I also just noticed I had some NVidia software installed causing exactly what I was trying to avoid by disabling EIST.. but no worries now since the software has been removed.

I'll be moving forward with the step-by-step OC..

Thanks for all the info so far.


----------



## greenbrucelee (Apr 24, 2007)

I dont open files on here in case they might cause my computer problems

is your system one you built your self or one someone built for you or one that you just bought from a shop like a dell or compaq.

If its one you bought from a shop like dell or compaq then your BIOS will be limited and you wont be able to overclock very well.

The cpu and ram are linked to what is called the frontside bus or FSB increase the FSB affects both you never change just the ram then the cpu. YOu tweak the ram after the FSB increase.

You switch EIST off you can enable it after you have overclocked. EIST is the same as C1E and intel speedstep what it does is underclocks your cpu when it is not doing anything intensive to save power to get a succefful overclock and test it properly you need maximum power so this is why you turn it off.


----------



## twistdshade (Feb 6, 2007)

My PC is homebuilt.

I got the cpu to run at 3.38ghz before going to bed last night.

I'm up and back to work on it right now.

Edit:

I have a few options for voltages..

Vcore, FSB, NorthBridge, and Southbridge.. I'm pretty sure there are others, but I can't remember them right now.

Here's my current understanding for these 4 settings

Core: If I was increasing the multiplier and not the fsb, this would be the only voltage I would need to increase.

FSB: I should be increasing this with my core voltage.

NorthBridge: If I was increasing fsb while keeping 1:1 ram ratio, this would need to be increased as well.

Southbridge: Should only be changed if I was doing something with the low-voltage on board things, like sound, harddrives, etc..

Am I right so far?
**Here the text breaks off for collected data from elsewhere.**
-- ===== src/Cachebench.antt =====
-- examples/cachebench.c: the benchmark. `nprocs` MPI processes write `nr_items` items each to one
-- cache, all at the same time, and rank 0 then reads all the items back and counts the wrong ones.
-- What an uninitialised output or local variable holds is a parameter of each call.
pub mod Config
pub mod Main
pub mod Places
pub mod Writing
pub mod Turns
pub mod Rounds
pub mod Verified
pub mod Created
use cachercise.Base.{
  ℕ, zero, suc, ◌+◌, ◌-◌, ◌*◌, ◌^◌, ◌<◌, ◌≡◌, Option, List, [], ◌∷◌, ltb, ◌==◌, if◌then◌else◌,
}
use cachercise.Base.Run.{Run, ok, fault, undefined, ◌>>=◌}
use cachercise.Common.{write, read}
use cachercise.Dummy.Memory.{Heap}
use cachercise.Table.{UtHash}
use cachercise.Messages.{IoOut}
use cachercise.Provider.{Cache, Provider}
use cachercise.Client.{Handle}
use cachercise.Client.Bytes.{word, bytes}
use cachercise.EndToEnd.{served_io}

-- A sum or product of type `int`, which is undefined when it overflows.
unfoldable pub int : ℕ → Run ℕ
int n = if ltb n (2 ^ 31) then ok n else fault undefined

-- i*nprocs+rank
abbrev pub place : (nprocs rank i : ℕ) → ℕ
place nprocs rank i = i * nprocs + rank

-- The processes: how many items each rank has written, the codes and counts that its calls of
-- cachercise_write returned, the last first, and the memory of the backend.
pub record Bench : Type 0 where
  pub written : ℕ → ℕ
  pub returned : ℕ → List ℕ
  pub memory : Heap

module _ {T : Type 0} (hash : UtHash T (Cache Heap)) (p : Provider Heap T) (handle : Handle) where
  -- The body of the loop that writes, with `ret`, which nothing reads.
  unfoldable pub write_item : (nprocs rank i : ℕ) (out : IoOut) (stack : ℕ) → Heap → Run (ℕ × Heap)
  unfolding int
  write_item nprocs rank i out stack w = do
    value ← int (place nprocs rank i + 100)
    offset ← int (place nprocs rank i)
    (ret, buf, w') ← served_io hash p out stack handle (bytes 8 value) 8 offset write w
    ok (ret, w')

  -- The loop that reads, from item `j` on, with `k` items left; `compare` is the bytes of the variable
  -- that is read into, and `stacks` what its calls find on the stack. It stops at the sixth error.
  unfoldable pub read_items :
      (stacks : ℕ → IoOut × ℕ) (k j nerrors : ℕ) (compare : List ℕ) → Heap → Run ℕ
  read_items stacks zero j nerrors compare w = ok nerrors
  read_items stacks (suc k) j nerrors compare w = do
    (ret, compare', w') ← served_io hash p (stacks j).0 (stacks j).1 handle compare 8 j read w
    let nerrors' = if word compare' == j + 100 then nerrors else nerrors + 1
    let rest = read_items stacks k (j + 1) nerrors' compare' w'
    if ltb 5 nerrors' then ok nerrors' else rest

  -- Rank 0 after the barrier: the number of errors.
  unfoldable pub verify : (stacks : ℕ → IoOut × ℕ) (nprocs nr_items : ℕ) → Heap → Run ℕ
  unfolding int read_items
  verify stacks nprocs nr_items w = do
    total ← int (nr_items * nprocs)
    read_items stacks total 0 0 (bytes 8 (2 ^ 64 - 9999)) w

  -- One process writes its next item.
  pub data Step (nprocs nr_items : ℕ) (s : Bench) : Bench → Type 0 where
    wrote :
        (rank : ℕ) (out : IoOut) (stack ret : ℕ) (w' : Heap)
        → rank < nprocs
        → s.written rank < nr_items
        → write_item nprocs rank (s.written rank) out stack s.memory ≡ ok (ret, w')
        → Step nprocs nr_items s (record {
          written = λ q. if q == rank then s.written q + 1 else s.written q;
          returned = λ q. if q == rank then ret ∷ s.returned q else s.returned q;
          memory = w';
        })

  -- What the processes can come to, in any order, from a memory that nothing has been written to.
  pub data Reach (nprocs nr_items : ℕ) (w : Heap) : Bench → Type 0 where
    start : Reach nprocs nr_items w (record { written = λ q. 0; returned = λ q. []; memory = w })
    next :
        {s t : Bench}
        → Reach nprocs nr_items w s
        → Step nprocs nr_items s t
        → Reach nprocs nr_items w t
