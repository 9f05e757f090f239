-- ===== src/Bifurcation/Crypto.antt =====
-- The cryptography that crates/trust-kernel/src/bifurcation.rs takes from other packages: X25519,
-- HKDF-SHA256, AES-256-GCM and SHA-256, as parameters with their documented behaviour.
use spaceshuttle.Prelude.{
  ℕ, ◌≡◌, ◌≢◌, ◌<◌, ◌^◌, List, [], ◌∷◌, ◌++◌, Option, some, ap, le_bytes, le_bytes-injective,
}
use spaceshuttle.Prelude.Text.{bytes}

pub record Crypto : Type 0 where
  -- `PublicKey::from(&secret)`
  pub public_key : List ℕ → List ℕ
  -- `secret.diffie_hellman(&public)`
  pub diffie_hellman : List ℕ → List ℕ → List ℕ
  -- `Hkdf::new(None, shared).expand(info)`
  pub hkdf_expand : List ℕ → List ℕ → List ℕ
  -- key, nonce, plaintext
  pub encrypt : List ℕ → List ℕ → List ℕ → List ℕ
  -- key, nonce, ciphertext; `none` when the tag does not verify
  pub decrypt : List ℕ → List ℕ → List ℕ → Option (List ℕ)
  pub sha256 : List ℕ → List ℕ

pub record IsLawful (c : Crypto) : Type 0 where
  -- Both sides of an exchange come to the same secret.
  pub dh_agree :
      (a b : List ℕ) → c.diffie_hellman a (c.public_key b) ≡ c.diffie_hellman b (c.public_key a)
  -- A ciphertext decrypts under the key and the nonce it was made with.
  pub decrypt_encrypt :
      (key nonce plaintext : List ℕ)
      → c.decrypt key nonce (c.encrypt key nonce plaintext) ≡ some plaintext

-- The HKDF info: the prefix, then the index as eight bytes.
unfoldable pub block_info : ℕ → List ℕ
block_info block_index = bytes "tibet-bifurcation-v1-block-" ++ le_bytes 8 block_index

unfoldable pub hkdf_derive_block_key : Crypto → List ℕ → ℕ → List ℕ
unfolding block_info
hkdf_derive_block_key c shared_secret block_index =
    c.hkdf_expand shared_secret (block_info block_index)

drop_prefix : List ℕ → List ℕ → List ℕ
drop_prefix [] bs = bs
drop_prefix (p ∷ ps) [] = []
drop_prefix (p ∷ ps) (b ∷ bs) = drop_prefix ps bs

-- Different block indices below 2 ^ 64 have different HKDF infos.
pub block_info-injective :
    (i j : ℕ) → i < 256 ^ 8 → j < 256 ^ 8 → i ≢ j → block_info i ≢ block_info j
unfolding block_info drop_prefix
block_info-injective i j hi hj differ e =
    differ
      (le_bytes-injective 8 i j hi hj (ap (drop_prefix (bytes "tibet-bifurcation-v1-block-")) e))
Or is there more I should know?

Should I be adjusting fsb voltage with my core voltage, increasing them both as I increase my clock speeds?


----------



## greenbrucelee (Apr 24, 2007)

you dont strictly have to change any voltages you only change them if you are getting issues.

The vcore is the one you will change if you get a blue screen oof death whilst trying to boot into windows

after you overclock you set the NB and SB voltages to the lowest you can get them to, if you get a BSOD then increase or you can leave them at auto

you set the dram voltage to whatever the manufacturer states for the RAM i.e 2,1v or whatever it is then leave it alone you only increase the vcore if you are running into trouble.. I dont know what you mean by FSB voltage never seen it before and I have overclocked for years.


----------



## twistdshade (Feb 6, 2007)

it said VTT FSB

I looked into it, and I think voltage changes here can have varying results. But it doesn't need to be changed while overclocking. I think once I find a nice OC result, as I'm fine tuning things, I might adjust it a bit.


----------



## twistdshade (Feb 6, 2007)

I got the cpu's fsb up to 1513 and couldn't get it to pass the 1 hour test. It would lock down no more than 5 minutes in.

I tried upping the voltage 5 times without success.

I backed it down to 1500 and backed the voltage back down 4 times running stable.

I'm still only at 3.56ghz.. @1.272 vt & 48/45c at 100% load.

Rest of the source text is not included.